The video is just great, Mum is lovely and all of those wagging tails - perfect.


----------



## RuthMill (Jun 30, 2012)

I still can't see it... Sigh


----------



## wilfiboy (Sep 18, 2010)

We are off on holiday the beginning of Aug so Mandy is being so lovely and hanging onto him a little longer.... So we' re hoping for the 14th.... Cora will be settled in her new home, I hope Pyper can cope with him that long xx


----------



## JoJo (Mar 2, 2011)

Just fell over...... 

OMG I knew mandy was umming and ahhing whether to keep this pup, I am so pleased she found him the best home ever, good call Mandy .. Karen is a fab poo owner and I hope this little fella is everything you dream of Karen   

Marley, Monty, Morris the Merle   I am naff at naming puppies, but great at loving an caring for them


----------



## wilfiboy (Sep 18, 2010)

RuthMill said:


> I still can't see it... Sigh


Ahhh Ruth you need to check it out from a computer I can't see it on my ipad 

I hope you didn't hurt yourself JoJo .... Possibley wont have chance to come and play with your puppies!!!!!! this summer cos I"ll be a bit busy.


----------



## JoJo (Mar 2, 2011)

Ouch could job I have a padded bum ... or that fall would've hurt lol 

Oh Karen you will be the best kind of busy though ... I will send you videos of puppies although you will have your hands full yourself lol xxx

I am so happy for you, come on we need a name and I think he would look fab in My Dogs Life Coat Catalogue , what do you think ??? I will never forget the fun we had creating it, you were brill and I thank you so much for all your support over the years xxx.. soppy sausage I am


----------



## mairi1 (Mar 12, 2012)

mandym said:


> Mairi where in scotland are you cos if youre further south from aberdeen i can come down with pup,meet karen then you can meet pup...now theres a plan xxx


Hi Mandy, I'm just outside Stirling...around 2 - 2 & a half hr drive to Aberdeen and around 3 & a half - 4 hrs from Halifax  

You're most certainly very welcome to meet here... Especially if it means I get to meet the wee man 

Anyway, I won't get in the way and will let you ladies work it all out together... I'll have a look at my shifts for the week of the 14th as I don't have them as yet. 

xxx


----------



## dio.ren (Jan 18, 2013)

He is absolutely the perfect picture of cuteness!! How lucky he is and you too I want him!!!!


----------



## polly1harg (Jun 6, 2013)

AMAZING what a wonderful looking cockapoo!!! AWWWWWWW


----------



## Jedicrazy (Apr 26, 2011)

Poo Party at Mairi's :laugh:


----------



## JoJo (Mar 2, 2011)

come via my house if you like lol  

Omg this thread is going to be crazy .. 

Where is Karen? Bet she is out puppy shopping lol...
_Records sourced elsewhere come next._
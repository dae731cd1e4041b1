-- ===== src/Snapshot/Report.antt =====
-- account_snapshot/service.py: the yearly report, which reads the stored snapshots.
use household_back.Base.{
  negsuc, select, order_by, dedup, if◌then◌else◌, ℕ, Bool, ◌&&◌, Option, none, some, List, [], ◌∷◌,
  ◌++◌, map,
}
use household_back.Core.{Date, date_eqb, date_leb, month_first, shift_months}
use household_back.Model.{AccountSnapshot, is_active, Db}
use household_back.Finders.{find_accounts}
use household_back.Account.Balance.{micro}
use household_back.Snapshot.Histories.{belongs, has_active_for_month}
use household_back.Snapshot.Service.{SnapshotRow, SnapshotMonth, build_month}

-- `resolve_snapshot_range`
unfoldable pub resolve_snapshot_range : Option Date → Option Date → Date → Date × Date
unfolding shift_months
resolve_snapshot_range from_date to_date today =
    let to_resolved : Date = elim to_date [
      | none ↦ shift_months (month_first today) (negsuc 0)
      | some d ↦ month_first d
    ] in
    (
      elim from_date [ none ↦ shift_months to_resolved (negsuc 10) | some d ↦ month_first d ],
      to_resolved,
    )

abbrev snapshot_asc : AccountSnapshot → AccountSnapshot → Bool
snapshot_asc x y = date_leb x.snapshot_date y.snapshot_date

-- `AccountSnapshotRepository.find_by_household_and_range`
unfoldable pub find_by_household_and_range : ℕ → Date → Date → Db → List AccountSnapshot
find_by_household_and_range household_id from_date to_date db = order_by snapshot_asc (
    select
      (λ (s : AccountSnapshot).
        belongs household_id s.account_id db.accounts
        && (is_active s.data_stat_cd
            && (date_leb from_date s.snapshot_date && date_leb s.snapshot_date to_date)))
      db.account_snapshots)

-- a stored row as `_build_month` reads it
abbrev pub read_row : AccountSnapshot → SnapshotRow
read_row s = record {
  account_id = s.account_id;
  snapshot_date = s.snapshot_date;
  balance = micro s.balance;
  monthly = record {
    income_sum = s.monthly_income;
    expense_sum = s.monthly_expense;
    fixed_expense_sum = s.monthly_fixed_expense;
  };
}

-- `months_grouped.setdefault(s.snapshot_date, []).append(s)`
abbrev pub add_to_month :
    AccountSnapshot → List (Date × List AccountSnapshot) → List (Date × List AccountSnapshot)
add_to_month s [] = (s.snapshot_date, s ∷ []) ∷ []
add_to_month s ((d, rows) ∷ months) =
    if date_eqb d s.snapshot_date
    then (d, rows ++ s ∷ []) ∷ months
    else (d, rows) ∷ add_to_month s months

abbrev pub group_months :
    List AccountSnapshot → List (Date × List AccountSnapshot) → List (Date × List AccountSnapshot)
group_months [] months = months
group_months (s ∷ ss) months = group_months ss (add_to_month s months)

abbrev month_asc : Date × List AccountSnapshot → Date × List AccountSnapshot → Bool
month_asc x y = date_leb x.0 y.0

pub record SnapshotYearlyResponse : Type 0 where
  pub months : List SnapshotMonth
  pub target_month_saved : Bool
  pub target_month_date : Date

-- `get_yearly_snapshots`
unfoldable pub get_yearly_snapshots :
    ℕ → Option Date → Option Date → Date → Db → SnapshotYearlyResponse
unfolding resolve_snapshot_range find_by_household_and_range find_accounts build_month
    has_active_for_month shift_months
get_yearly_snapshots household_id from_date to_date today db =
    let target_month = shift_months (month_first today) (negsuc 0) in
    let range = resolve_snapshot_range from_date to_date today in
    let rows = find_by_household_and_range household_id range.0 range.1 db in
    let accounts = find_accounts (dedup (map (λ (s : AccountSnapshot). s.account_id) rows)) db in
    record {
      months =
          map (λ (m : Date × List AccountSnapshot). build_month m.0 (map read_row m.1) accounts)
            (order_by month_asc (group_months rows []));
      target_month_saved = has_active_for_month household_id target_month db;
      target_month_date = target_month;
    }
We need a name for Mr Splodge as I like to call him ....cant add a Merle in the MDL catalogue without a name ha ha ha 

So excited for you xxx


----------



## mandym (Jun 5, 2011)

Karen is my longest running poo friend 5 years i think and we will finally meet when i hand over the little man so looking forward to that.yeh we should all meet up,have a hand over mr splodge party xxx


----------



## JoJo (Mar 2, 2011)

Really special for you both xxxx


----------



## Lottierachel (Mar 3, 2013)

Ahhh those gorgeous little cockapoo bottoms wiggling around on the video! So cute!!

When I logged on and saw "231 new posts" I knew something big must have happened somewhere on the forum!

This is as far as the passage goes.